The Sinking City: Venezia
We hopped on a train to Venezia Sunday night and took a train back to Milan Monday evening, and it was wonderful. I've decided that I love venice. There are "touristy things" to see in Venice, but Venice is much smaller than the other places we've been. We went to Piazza San Marco and saw the church (it's beautiful), and we took pictures by the Gondolas all lined up in the ocean, and we walked around the Ponto Rialto. But honestly one of my favorite things about Venice was just wandering around and intentionally getting lost. Everyone says to plan on getting lost in Venice, so we embraced that and just started walking to see where we would end up. At every turn there was a piece of ocean, or an adorable alleyway, or a tiny bridge, or an old lady walking with her grocery cart, or another Gondoliere in a striped shirt trying to convince us that he could give us a "good price."

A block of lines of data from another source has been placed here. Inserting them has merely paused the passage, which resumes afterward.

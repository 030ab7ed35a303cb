-- ===== src/Server/Answers.antt =====
-- Every frame is answered.
use smooth_agent.Base.{
  ℕ, String, Bool, Option, none, some, List, [], ◌∷◌, ◌≡◌, ◌⊎◌, All, All-append, Bool-cases, inl,
  inr, refl, ap, ◌∙◌, string_eq,
}
use smooth_agent.Base.Dict.{Dict, get, get-insert}
use smooth_agent.Json.{Json}
use smooth_agent.Turn.Citations.{Citation}
use smooth_agent.Server.Protocol.{
  set_request_id, pong, error, immediate_response, eventual_response, stream_token, stream_chunk,
}
use smooth_agent.Base.Text.{is_empty}
use smooth_agent.Server.Agent.{
  AgentEvent, token_delta, tool_call_start, tool_call_complete, phase_start, structural,
}
use smooth_agent.Server.Streaming.{translate, translate_all}

module _ (json : Json) where
  open json use {Value, string, field, object, set_field, field-object, set_field-object}

  -- The kinds of event after which nothing more comes for a request.
  abbrev pub IsFinal : String → Type 0
  IsFinal kind =
      (kind ≡ "pong")
      ⊎ (kind ≡ "error")
      ⊎ (kind ≡ "immediate_response")
      ⊎ (kind ≡ "eventual_response")

  abbrev pub id_value : Option String → Option Value
  id_value none = none
  id_value (some rid) = some (string rid)

  -- The event is a final one for the request.
  pub record Answers (request_id : Option String) (event : Value) : Type 0 where
    pub kind : String
    pub final : IsFinal kind
    pub has_type : field event "type" ≡ some (string kind)
    pub has_request : field event "requestId" ≡ id_value request_id

  set_request_id-type :
      (fields : Dict String Value) (kind : String) (request_id : Option String)
      → get fields "type" ≡ some (string kind)
      → field (set_request_id json 0 (object fields) request_id) "type" ≡ some (string kind)
  set_request_id-type fields kind none t = field-object fields "type" ∙ t
  set_request_id-type fields kind (some rid) t =
      ap (λ v. field v "type") (set_field-object fields "requestId" (string rid))
      ∙ field-object _ "type"
      ∙ get-insert fields "requestId" "type" (string rid)
      ∙ t

  -- Stamping the request's id adds it to the event and keeps the event's type.
  set_request_id-Answers :
      (fields : Dict String Value) (kind : String) (request_id : Option String)
      → IsFinal kind
      → get fields "type" ≡ some (string kind)
      → get fields "requestId" ≡ none
      → Answers request_id (set_request_id json 0 (object fields) request_id)
  set_request_id-Answers fields kind none f t r = record {
    kind = kind;
    final = f;
    has_type = set_request_id-type fields kind none t;
    has_request = field-object fields "requestId" ∙ r;
  }
  set_request_id-Answers fields kind (some rid) f t r = record {
    kind = kind;
    final = f;
    has_type = set_request_id-type fields kind (some rid) t;
    has_request =
        ap (λ v. field v "requestId") (set_field-object fields "requestId" (string rid))
        ∙ field-object _ "requestId"
        ∙ get-insert fields "requestId" "requestId" (string rid);
  }

  pub pong-Answers : (now : ℕ) (rid : Option String) → Answers rid (pong json now rid)
  unfolding pong get
  pong-Answers now rid = set_request_id-Answers _ "pong" rid (inl refl) refl refl

  pub error-Answers :
      (now : ℕ) (rid : Option String) (code message : String)
      → Answers rid (error json now rid code message)
  unfolding error get
  error-Answers now rid code message =
      set_request_id-Answers _ "error" rid (inr (inl refl)) refl refl

  -- The event is an error.
  abbrev pub IsError : Value → Type 0
  IsError event = field event "type" ≡ some (string "error")

  pub error-IsError :
      (now : ℕ) (rid : Option String) (code message : String)
      → IsError (error json now rid code message)
  unfolding error get
  error-IsError now rid code message = set_request_id-type _ "error" rid refl

  pub immediate_response-Answers :
      (now : ℕ) (rid : Option String) (status : ℕ) (message : String) (payload : Value)
      → Answers rid (immediate_response json now rid status message payload)
  unfolding immediate_response get
  immediate_response-Answers now rid status message payload =
      set_request_id-Answers _ "immediate_response" rid (inr (inr (inl refl))) refl refl

  pub eventual_response-Answers :
      {Score : Type 0} (now : ℕ) (to_value : List (Citation Score) → Value) (rid : String)
      (status : ℕ) (message_id : String) (response : Value) (escalate : Bool)
      (citations : List (Citation Score))
      → Answers
          (some rid)
          (eventual_response json now to_value rid status message_id response escalate citations)
  unfolding eventual_response get
  eventual_response-Answers now to_value rid status message_id response escalate citations =
      record {
        kind = "eventual_response";
        final = inr (inr (inr refl));
        has_type = field-object _ "type";
        has_request = field-object _ "requestId";
      }

  -- The event is part of the stream of the request.
  pub record IsStreamed (request_id : Option String) (event : Value) : Type 0 where
    pub kind : String
    pub streams : (kind ≡ "stream_token") ⊎ (kind ≡ "stream_chunk")
    pub has_type : field event "type" ≡ some (string kind)
    pub has_request : field event "requestId" ≡ id_value request_id

  stream_token-IsStreamed :
      (now : ℕ) (rid token : String) → IsStreamed (some rid) (stream_token json now rid token)
  unfolding stream_token get
  stream_token-IsStreamed now rid token = record {
    kind = "stream_token";
    streams = inl refl;
    has_type = field-object _ "type";
    has_request = field-object _ "requestId";
  }

  stream_chunk-IsStreamed :
      (now : ℕ) (rid node : String) (state : Value)
      → IsStreamed (some rid) (stream_chunk json now rid node state)
  unfolding stream_chunk get
  stream_chunk-IsStreamed now rid node state = record {
    kind = "stream_chunk";
    streams = inr refl;
    has_type = field-object _ "type";
    has_request = field-object _ "requestId";
  }

  translate-IsStreamed :
      (now : ℕ) (rid : String) (e : AgentEvent json)
      → All (IsStreamed (some rid)) (translate json now rid e)
  unfolding translate
  translate-IsStreamed now rid (token_delta content) = elim (Bool-cases (is_empty content)) [
    | inl e ↦ rw (translate, e) tt
    | inr e ↦ rw (translate, e) (stream_token-IsStreamed now rid content, tt)
  ]
  translate-IsStreamed now rid (tool_call_start name arguments) =
      (stream_chunk-IsStreamed now rid name _, tt)
  translate-IsStreamed now rid (tool_call_complete name result is_error) =
      (stream_chunk-IsStreamed now rid name _, tt)
  translate-IsStreamed now rid (phase_start phase) = (stream_chunk-IsStreamed now rid phase _, tt)
  translate-IsStreamed now rid structural = tt

  pub translate_all-IsStreamed :
      (now : ℕ) (rid : String) (es : List (AgentEvent json))
      → All (IsStreamed (some rid)) (translate_all json now rid es)
  unfolding translate_all
  translate_all-IsStreamed now rid [] = tt
  translate_all-IsStreamed now rid (e ∷ es) =
      All-append (IsStreamed (some rid)) (translate json now rid e) (translate_all json now rid es)
        (translate-IsStreamed now rid e) (translate_all-IsStreamed now rid es)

It's so interesting to look at where the water meets the buildings and try to imagine how much further down the buildings actually go. They say that the whole city is slowly sinking into the ocean, and in many cases you can see that stairs up to 'front doors' keep going down below the water level (who knows how far). The rivers are the roads in Venice. People's parking spots are the poles where they tie up their boats, and there are no cars. There are taxi and metro boats, garbage boats, police boats, post boats, ambulance boats... The "real roads" are really all just alleyways with names, sometimes with the same name. The directions to our airbnb house were from a certain piazza, and all given in landmarks rather than street names. It really feels like something out of a movie, but it's just normal life to the Venetians.
After a delicious lunch and a couple hours of wandering, we took a vaporetto (waterbus) over to Murano (an even tinier island just north of the main island) to see the glass, because I have a weird fascination with glass working. Venice is world famous for its glass, but the actual glass work doesn't happen on the main island of Venice but in Murano. The glass museum was cool, but my favorite part was certainly watching a glass craftsman taking molten glass out of the fire and turning it into all kinds of pretty little animal figures. At one point I clapped for him, but he was less than amused. We still bought glass, though. :)

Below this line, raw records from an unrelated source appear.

-- ===== src/Server/Turn.antt =====
-- `run_streaming_turn` of rust/smooth-operator-server/src/runner.rs. The agent is a parameter, and
-- nothing else changes the storage during the turn.
use smooth_agent.Base.{ℕ, String, some, List, [], string_eq, any, if◌then◌else◌}
use smooth_agent.Base.Text.{is_empty}
use smooth_agent.Base.Outcome.{Outcome, ok, err, new_lock}
use smooth_agent.Json.{Json}
use smooth_agent.Engine.{KnowledgeResult, Documents, KnowledgeBase}
use smooth_agent.Domain.{inbound, outbound}
use smooth_agent.Access.Store.{reader_query}
use smooth_agent.Storage.Tables.{Adapter}
use smooth_agent.Turn.Citations.{collect_citations}
use smooth_agent.Turn.History.{load_prior_messages, or_empty}
use smooth_agent.Search.Rerank.{Lexicon}
use smooth_agent.Search.Tool.{Display, KnowledgeSearchTool}
use smooth_agent.Server.Agent.{Agent}
use smooth_agent.Server.Streaming.{
  Storage, TurnRequest, TurnResult, TurnChoices, Driven, auto_context_limit, query_or_none,
  sink_content, persist_message, translate_all, before_return, after_return, is_knowledge_search,
  drive,
}

-- What a turn leaves: its result, the tables, the events that were sent before it returned, and the
-- ones that its translator sends after that.
pub record TurnOutput (json : Json) (Score : Type 0) : Type 0 where
  pub result : Outcome (TurnResult Score)
  pub tables : Adapter json.Value
  pub events : List json.Value
  pub late : List json.Value

module _ (json : Json) (now : ℕ) (lex : Lexicon) {Score : Type 0} (display : Display Score) where
  -- The result from the reply, its message's id and the sources.
  abbrev pub turn_result :
      List (KnowledgeResult Score) → Driven json lex Score → String → String → TurnResult Score
  turn_result auto driven reply message_id = record {
    reply = reply;
    message_id = message_id;
    invoked_knowledge_search = any is_knowledge_search driven.events;
    citations = collect_citations auto (sink_content driven.tool.result_sink);
  }

  -- The outbound reply is persisted, unless it is empty.
  unfoldable pub conclude_turn :
      TurnRequest lex Score
      → TurnChoices
      → List (KnowledgeResult Score)
      → Adapter json.Value
      → Driven json lex Score
      → Outcome (TurnResult Score) × Adapter json.Value
  unfolding persist_message
  conclude_turn req ids auto tables driven = elim driven.outcome [
    | err m ↦ (err m, tables)
    | ok content ↦
        let reply = or_empty content in
        if is_empty reply
        then (ok (turn_result auto driven reply ids.outbound_id), tables)
        else let (stored, after) =
            persist_message json now tables ids.outbound_id req.conversation_id outbound reply in
          elim stored [
            | err m ↦ (err m, after)
            | ok message ↦ (ok (turn_result auto driven reply message.id), after)
          ]
  ]

  module _ (docs : Documents) (kb : KnowledgeBase docs.Document Score) where
    -- The query of `storage.knowledge_for_access(&access)`.
    abbrev pub knowledge :
        Storage json kb.State
        → TurnRequest lex Score
        → String
        → ℕ
        → Outcome (List (KnowledgeResult Score))
    knowledge storage req query limit =
        reader_query docs kb storage.knowledge req.access query limit

    abbrev pub search_tool :
        Storage json kb.State → TurnRequest lex Score → KnowledgeSearchTool lex Score
    search_tool storage req = record {
      knowledge = knowledge storage req;
      reranker = req.reranker;
      result_sink = some (new_lock []);
    }

    unfoldable pub run_streaming_turn :
        Agent json Score
        → Storage json kb.State
        → TurnRequest lex Score
        → TurnChoices
        → TurnOutput json Score
    unfolding conclude_turn drive translate_all
    run_streaming_turn agent storage req ids =
        let context = knowledge storage req req.user_message auto_context_limit in
        elim (load_prior_messages storage.tables req.conversation_id) [
          | err m ↦ record { result = err m; tables = storage.tables; events = []; late = [] }
          | ok prior ↦
              let (stored, tables) =
                persist_message json now storage.tables ids.inbound_id req.conversation_id inbound
                  req.user_message in
              elim stored [
                | err m ↦ record { result = err m; tables = tables; events = []; late = [] }
                | ok message ↦
                    let driven =
                      drive display (search_tool storage req)
                        (agent prior context req.user_message) in
                    let (result, after) =
                      conclude_turn req ids (query_or_none context) tables driven in
                    record {
                      result = result;
                      tables = after;
                      events =
                          translate_all json now req.request_id
                            (before_return ids.sent_before_failure driven.outcome driven.events);
                      late =
                          translate_all json now req.request_id
                            (after_return ids.sent_before_failure driven.outcome driven.events);
                    }
              ]
        ]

If you go to Venice, do some of the tourist-y things, but also just enjoy venice. I loved talking to the people: a Gondoliere took a beautiful picture for us even after we said we didn't want a Gondola ride, an older woman assured me with a warm smile that she didn't need help, she was just moving along "piano piano" (little by little), the man at the glass museum thanked us for trying to speak Italian with him instead of just assuming he spoke English, one of the women who works with the glass explained to me exactly how the necklace I bought had been made. One of my favorite things about traveling is talking to the locals. They tell you different places to eat than you find on yelp, and you learn cool little details by talking to them - I think I don't feel like I've really traveled somewhere unless I get to have conversations with people who live there.

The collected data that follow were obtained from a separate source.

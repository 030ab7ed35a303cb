-- ===== src/Server/Confidential.antt =====
-- Who may read what a turn cites.
use smooth_agent.Base.{
  ℕ, String, Bool, true, Option, none, some, List, [], ◌∷◌, ◌++◌, ◌≡◌, refl, sym, ap, ◌∙◌,
  string_eq, arith, All, All-take, All-append, All-imp, map, contains, Bool-cases, inl, inr,
}
use mathlib.Core.Path.{subst}
use smooth_agent.Base.Sets.{set_insert}
use smooth_agent.Base.Text.{is_empty}
use smooth_agent.Base.Outcome.{Outcome, ok, Outcome-cases, Lock}
use smooth_agent.Json.{Json}
use smooth_agent.Engine.{KnowledgeResult, Documents, KnowledgeBase}
use smooth_agent.Access.Acl.{AccessContext}
use smooth_agent.Access.Store.{AclKnowledgeStore, is_allowed, reader_query}
use smooth_agent.Access.Reader.{
  Readable, Readable→is_allowed, is_allowed→Readable, reader_query-Readable,
}
use smooth_agent.Storage.Tables.{Adapter}
use smooth_agent.Turn.Citations.{
  Citation, collect_citations, first_seen, from_knowledge_result, max_citations,
}
use smooth_agent.Turn.History.{load_prior_messages, or_empty}
use smooth_agent.Search.Rerank.{Lexicon, Reranker}
use smooth_agent.Search.Reordering.{KeepsContract}
use smooth_agent.Search.Tool.{Display, KnowledgeSearchTool, execute}
use smooth_agent.Search.Grounded.{AllAllowed, ReadsAs, IsClean, execute-IsClean}
use smooth_agent.Domain.{inbound, outbound}
use smooth_agent.Server.Agent.{AgentRun, emit, search, finish, Agent}
use smooth_agent.Server.Streaming.{
  Storage, TurnRequest, TurnResult, TurnChoices, Driven, auto_context_limit, query_or_none,
  sink_content, persist_message, drive,
}
use smooth_agent.Server.Turn.{conclude_turn, knowledge, search_tool, run_streaming_turn}

module _ {Score : Type 0} (table : String → Bool) where
  -- The test holds of the document of every result, or of every citation.
  abbrev AllPass : List (KnowledgeResult Score) → Type 0
  AllPass = All (λ r. table r.document_id ≡ true)

  first_seen-AllPass :
      (seen : List String) (rs : List (KnowledgeResult Score))
      → AllPass rs
      → AllPass (first_seen seen rs)
  unfolding first_seen
  first_seen-AllPass seen [] h = tt
  first_seen-AllPass seen (r ∷ rs) h = elim (Bool-cases (contains seen r.document_id)) [
    | inl e ↦ rw e (first_seen-AllPass (set_insert seen r.document_id) rs h.1)
    | inr e ↦ rw e (h.0, first_seen-AllPass (set_insert seen r.document_id) rs h.1)
  ]

  cited-AllPass :
      (rs : List (KnowledgeResult Score))
      → AllPass rs
      → All (λ (c : Citation Score). table c.id ≡ true) (map from_knowledge_result rs)
  unfolding from_knowledge_result
  cited-AllPass [] h = tt
  cited-AllPass (r ∷ rs) h = (h.0, cited-AllPass rs h.1)

  collect_citations-AllPass :
      (auto tool : List (KnowledgeResult Score))
      → AllPass auto
      → AllPass tool
      → All (λ (c : Citation Score). table c.id ≡ true) (collect_citations auto tool)
  unfolding collect_citations
  collect_citations-AllPass auto tool a t = cited-AllPass _ (
      All-take _ max_citations _
        (first_seen-AllPass [] (auto ++ tool) (All-append _ auto tool a t)))

module _ (lex : Lexicon) (docs : Documents) {Score : Type 0}
    (kb : KnowledgeBase docs.Document Score) (s : AclKnowledgeStore kb.State)
    (ctx : AccessContext) where
  clean_content :
      (knowledge : String → ℕ → Outcome (List (KnowledgeResult Score)))
      (r : Option (Reranker lex Score)) (sink : Option (Lock (List (KnowledgeResult Score))))
      → IsClean lex docs kb s ctx
          (record { knowledge = knowledge; reranker = r; result_sink = sink })
      → AllAllowed lex docs kb s ctx (sink_content sink)
  clean_content knowledge r none clean = tt
  clean_content knowledge r (some sink) clean = clean

  query_or_none-Allowed :
      (text : String) (limit : ℕ)
      → AllAllowed lex docs kb s ctx (query_or_none (reader_query docs kb s ctx text limit))
  query_or_none-Allowed text limit = elim (Outcome-cases (reader_query docs kb s ctx text limit)) [
    | inl (out, e) ↦ rw e (
        All-imp (λ r. Readable s.acls.content ctx r.document_id) _
          (λ r. Readable→is_allowed s.acls.content ctx r.document_id) out
          (reader_query-Readable docs kb s ctx text limit out e))
    | inr (m, e) ↦ rw e tt
  ]

  cited-Readable :
      (text : String) (limit : ℕ) (tool : KnowledgeSearchTool lex Score)
      → IsClean lex docs kb s ctx tool
      → All
          (λ (c : Citation Score). Readable s.acls.content ctx c.id)
          (collect_citations
            (query_or_none (reader_query docs kb s ctx text limit))
            (sink_content tool.result_sink))
  cited-Readable text limit tool clean =
      All-imp (λ (c : Citation Score). is_allowed s.acls.content ctx c.id ≡ true) _
        (λ c. is_allowed→Readable s.acls.content ctx c.id) _
        (collect_citations-AllPass (is_allowed s.acls.content ctx) _ (sink_content tool.result_sink)
          (query_or_none-Allowed text limit)
          (clean_content tool.knowledge tool.reranker tool.result_sink clean))

module _ {json : Json} {lex : Lexicon} {Score : Type 0} (display : Display Score) (docs : Documents)
    (kb : KnowledgeBase docs.Document Score) (s : AclKnowledgeStore kb.State)
    (ctx : AccessContext) where
  -- Whatever the agent does, its searches record only what the requester may read.
  pub drive-IsClean :
      (tool : KnowledgeSearchTool lex Score) (run : AgentRun json)
      → ReadsAs lex docs kb s ctx tool
      → KeepsContract lex tool.reranker
      → IsClean lex docs kb s ctx tool
      → IsClean lex docs kb s ctx ((drive display tool run).tool)
  unfolding drive
  drive-IsClean tool (emit event run) reads keeps clean = drive-IsClean tool run reads keeps clean
  drive-IsClean tool (search arguments run) reads keeps clean =
      let (clean', handle) =
        execute-IsClean lex docs kb s ctx display json tool arguments reads keeps clean in
      let after = (execute display json tool arguments).1 in
      drive-IsClean after (run ((execute display json tool arguments).0))
        (λ q n. ap (λ f. f q n) handle.0 ∙ reads q n)
        (subst (KeepsContract lex) (sym handle.1) keeps) clean'
  drive-IsClean tool (finish outcome) reads keeps clean = clean

module _ (json : Json) (now : ℕ) (lex : Lexicon) {Score : Type 0} (display : Display Score) where
  conclude_turn-citations :
      (req : TurnRequest lex Score) (ids : TurnChoices) (auto : List (KnowledgeResult Score))
      (tables : Adapter json.Value) (driven : Driven json lex Score) (result : TurnResult Score)
      → (conclude_turn json now lex display req ids auto tables driven).0 ≡ ok result
      → collect_citations auto (sink_content driven.tool.result_sink) ≡ result.citations
  unfolding conclude_turn
  conclude_turn-citations req ids auto tables driven result h =
      elim (Outcome-cases driven.outcome) [
        | inr (m, e) ↦ cc (rw (e, conclude_turn) at h)
        | inl (content, e) ↦ elim (Bool-cases (is_empty (or_empty content))) [
          | inl empty ↦ let got = rw (e, conclude_turn, empty) at h in ground arith
          | inr full ↦
              let got = rw (e, conclude_turn, full) at h in
              elim (Outcome-cases
                (persist_message json now tables ids.outbound_id req.conversation_id outbound
                  (or_empty content)).0) [
                    | inl (message, p) ↦ let made = rw p at got in ground arith
                    | inr (m, p) ↦ cc (rw p at got)
                  ]
        ]
      ]

  module _ (docs : Documents) (kb : KnowledgeBase docs.Document Score) where
    -- A turn cites only documents that the requester may read: whatever the agent and its model do,
    -- whatever a document says, each citation is of a document without a recorded allow-list or with
    -- one that entitles the requester. A host's own reranker is taken to return candidates.
    pub run_streaming_turn-Confidential :
        (agent : Agent json Score) (storage : Storage json kb.State) (req : TurnRequest lex Score)
        (ids : TurnChoices) (result : TurnResult Score)
        → KeepsContract lex req.reranker
        → (run_streaming_turn json now lex display docs kb agent storage req ids).result ≡ ok result
        → All
            (λ (c : Citation Score). Readable storage.knowledge.acls.content req.access c.id)
            result.citations
    unfolding run_streaming_turn
    run_streaming_turn-Confidential agent storage req ids result keeps h =
        elim (Outcome-cases (load_prior_messages storage.tables req.conversation_id)) [
          | inr (m, e) ↦ cc (rw (run_streaming_turn, e) at h)
          | inl (prior, e) ↦
              let persisted =
                persist_message json now storage.tables ids.inbound_id req.conversation_id inbound
                  req.user_message in
              let context =
                knowledge json now lex display docs kb storage req req.user_message
                  auto_context_limit in
              let driven =
                drive display (search_tool json now lex display docs kb storage req)
                  (agent prior context req.user_message) in
              elim (Outcome-cases persisted.0) [
                | inr (m, p) ↦ cc (rw (run_streaming_turn, e, p) at h)
                | inl (message, p) ↦
                    let cited =
                      conclude_turn-citations req ids (query_or_none context) persisted.1 driven
                        result (rw (run_streaming_turn, e, p) at h) in
                    subst
                      (All (λ (c : Citation Score).
                        Readable storage.knowledge.acls.content req.access c.id))
                      cited
                      (cited-Readable lex docs kb storage.knowledge req.access req.user_message
                        auto_context_limit driven.tool
                        (drive-IsClean display docs kb storage.knowledge req.access
                          (search_tool json now lex display docs kb storage req)
                          (agent prior context req.user_message) (λ q n. refl) keeps tt))
              ]
        ]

But my FAVORITE thing about Venice and my favorite thing about traveling is who I get to go with... I love that my husband and I get to be partners in all of life's adventures. I love how he always makes me laugh (even if I've steered us onto the wrong vaporetto), I love how he always takes care of me (he carried all our stuff in his backpack the whole time we were walking around!), and I love that he loves getting lost with me.
We both agreed that this was one of our best trips - we just felt more unified. I think that has a lot to do with lessons that are being learned and re-learned through this move. I've had to learn all over again that I cannot always dump my emotions on him - I always need to pray and often need to talk to women before talking to him and HE needs me to do these things too. My emotions are often at the forefront of my mind, but he needs some space and time to be able to learn what he feels. We've had several conversations in the last couple of weeks where we both have been able to communicate well and vulnerably, and we haven't missed a night of praying together before bed (I highly recommend this to anyone!) I think these things have brought us closer and made it so that our Venetian trip was full of fun and laughter and love and unity rather than "bickering moments."
So, the Sinking City was a win for us.